Data Mining as an Audit Tool

fcohen100Data mining is both an art and science. Roughly stated, the purpose is to extract useful information from data. Data mining has been used for many years and in a number of different ways, however it is only recently, with the advent of more powerful computers and more powerful software languages, that the practice has made significant gains in popularity - particularly when it comes to mining large databases.

Also known as predictive analytics, it is this set of methodologies that allows to recommend purchases based on what you have purchased from them (and often, from other vendors) in the past. It is predictive analytics that allows a seller to tell you that "customers who purchased this item also purchased that item."

Using data mining techniques, lenders are able to determine the probability that someone will default on a loan, allowing them to adjust interest rates based on risk. Predictive analytics also is used to conduct credit card fraud analysis in real time. I am sure that many of you at some point have received a call from your credit card company asking you to validate a "suspicious" purchase.

Issues at the Pump

Recently I went to a gas station I go to quite often to fill up, and as I usually do, I swiped my credit card at the pump.
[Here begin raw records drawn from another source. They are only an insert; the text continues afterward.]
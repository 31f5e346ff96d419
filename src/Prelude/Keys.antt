-- ===== src/Prelude/Keys.antt =====
-- Lists of primary keys: membership by a Boolean test, and lists with no key twice.
use Prim.Native.Nat.{ℕ}
use mathlib.Core.Path.{◌≡◌, refl, subst}
use mathlib.Core.Bool.{Bool, true, false, ◌||◌}
use mathlib.Core.List.{List, [], ◌∷◌, ◌++◌, append-nil, append_assoc}
use native.Mathlib.Omega.{arith}
use telegram_marketing_crm.Prelude.Tests.{◌==◌}
use telegram_marketing_crm.Prelude.Lists.{keep, All}

-- `k in keys`
abbrev pub mem : ℕ → List ℕ → Bool
mem k [] = false
mem k (j ∷ js) = k == j || mem k js

-- No key stands twice.
abbrev pub Distinct : List ℕ → Type 0
Distinct [] = Unit
Distinct (k ∷ ks) = (mem k ks ≡ false) × Distinct ks

pub mem-append : (k : ℕ) (xs ys : List ℕ) → mem k (xs ++ ys) ≡ (mem k xs || mem k ys)
mem-append k [] ys = refl
mem-append k (x ∷ xs) ys = ground (arith, mem-append k xs ys)

pub mem-keep : (p : ℕ → Bool) (k : ℕ) (xs : List ℕ) → mem k xs ≡ false → mem k (keep p xs) ≡ false
mem-keep p k [] h = refl
mem-keep p k (x ∷ xs) h = ground (arith, mem-keep p k xs)

pub keep-Distinct : (p : ℕ → Bool) (xs : List ℕ) → Distinct xs → Distinct (keep p xs)
keep-Distinct p [] h = tt
keep-Distinct p (x ∷ xs) h = ground (arith, mem-keep p x xs, keep-Distinct p xs h.1)

Distinct-middle :
    (k : ℕ) (xs ys : List ℕ)
    → mem k (xs ++ ys) ≡ false
    → Distinct (xs ++ ys)
    → Distinct (xs ++ k ∷ ys)
Distinct-middle k [] ys h d = (h, d)
Distinct-middle k (x ∷ xs) ys h d =
    ground (arith, Distinct-middle k xs ys, mem-append x xs ys, mem-append x xs (k ∷ ys))

pub Distinct-append_comm : (xs ys : List ℕ) → Distinct (xs ++ ys) → Distinct (ys ++ xs)
Distinct-append_comm [] ys d = simp append-nil d
Distinct-append_comm (x ∷ xs) ys d =
    Distinct-middle x ys xs (ground (arith, mem-append x xs ys, mem-append x ys xs))
      (Distinct-append_comm xs ys d.1)

pub Distinct-of_append : (xs ys : List ℕ) → Distinct (xs ++ ys) → Distinct xs
Distinct-of_append [] ys d = tt
Distinct-of_append (x ∷ xs) ys d = ground (arith, mem-append x xs ys, Distinct-of_append xs ys d.1)

pub Distinct-drop_middle : (k : ℕ) (xs ys : List ℕ) → Distinct (xs ++ k ∷ ys) → Distinct (xs ++ ys)
Distinct-drop_middle k [] ys d = d.1
Distinct-drop_middle k (x ∷ xs) ys d =
    ground (arith, mem-append x xs ys, mem-append x xs (k ∷ ys), Distinct-drop_middle k xs ys d.1)

-- A key that is not there may be added at the end.
pub Distinct-snoc : (k : ℕ) (xs : List ℕ) → mem k xs ≡ false → Distinct xs → Distinct (xs ++ k ∷ [])
Distinct-snoc k xs h d = Distinct-middle k xs [] (simp append-nil h) (simp append-nil d)

-- Every key of a list is in it.
pub mem-All : (ys xs : List ℕ) → All (λ x. mem x (ys ++ xs) ≡ true) xs
mem-All ys [] = tt
mem-All ys (x ∷ xs) = (
  rw (mem-append x ys (x ∷ xs)) (ground arith),
  subst (λ l. All (λ y. mem y l ≡ true) xs) (append_assoc ys (x ∷ []) xs)
      (mem-All (ys ++ x ∷ []) xs),
)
For some reason, the gas was coming out very slowly; it took more than a minute just to pump one gallon of gas, so I finished the transaction and went across the street to another gas station. This time, when I swiped my card the transaction was denied, and I had to use another credit card. Several minutes later I got a call from my credit card company asking me to verify that I had indeed attempted a purchase at that second gas station. How in the world could they have responded that quickly? Well, I conduct hundreds if not thousands of transactions a year, and when it comes to gas, when I am home they know that I normally purchase from one location.

Secondly, I rarely (if ever) purchase a gallon of gas from one location and then, within minutes, attempt to purchase gas again from another location. In this case, the credit card company used some predictive analytical algorithm to score my purchase with regard to fraud risk, and it scored high enough to invoke some action (such as putting the account on hold until I could verify the purchase). It's pretty cool stuff, actually.

The Application of Data Mining

I use data mining a lot in my work. It allows me to predict who is most likely to be an end user of my services, making my marketing efforts more efficient. In one recent case, we used data mining in order to determine the probability that a particular claim would be denied by a particular payer, giving us the opportunity to review charts in advance of billing. Regarding possible pending audits, we see potential for the use of data mining techniques, including predictive analytics, to identify "bad" claims (as defined by CMS).

Let's take a look at CERT as an example. In the most recent CERT study, it was reported that 4.5 percent of the reviewed claims were considered overpaid due to lack of medical necessity. Determination of a medical necessity denial (or overpayment) normally is defined based on documentation contained within a chart, however there are other factors that come into play. Let's say that a patient comes to the office complaining of a runny nose, itchy eyes and other symptoms that result in a diagnosis of seasonal rhinitis (ICD-9 code 477.0). Now let's say the provider codes the patient with a 99204, the second-highest level of new office visit. An audit very well may support that level of visit based on the documentation guidelines; the auditor, however, might question whether that level of E/M code (complexity of DDx) is commensurate with the level of complexity of the diagnosis. In this case, it is likely that this claim line would result in a denial due to lack of medical necessity.

Understand the issue here: there is a direct relationship between the documentation and the procedure code and the documentation and the diagnosis code, but unfortunately there is not a nexus between the procedure code and the diagnosis code - and this is where the issue of medical necessity rears its highly judgmental and elastic head.

Predicting Claims Subject to Audit

So, then, how could we possibly know ahead of time what claims have the greatest probability of being subjected to a medical necessity review? Here is where I employ predictive analytics. To start I would access the 4,500 or so claims that were determined to have been overpaid. Next I would divide the database in half. Then I would take the first group of 2,250 claims and run them through a data mining program, training a number of different algorithms. Then I would run the other 2,250 claims through these trained algorithms to see which predicted the medical necessity outcome most accurately. What I have gained now is the ability to take all of the claims from your office, run them through my data mining algorithm and spit out the claims that are most likely to be audited for medical necessity. By extension, I have created a model that uses probability to predict the likelihood that any particular claim will be subject to an audit.  Pretty cool, huh?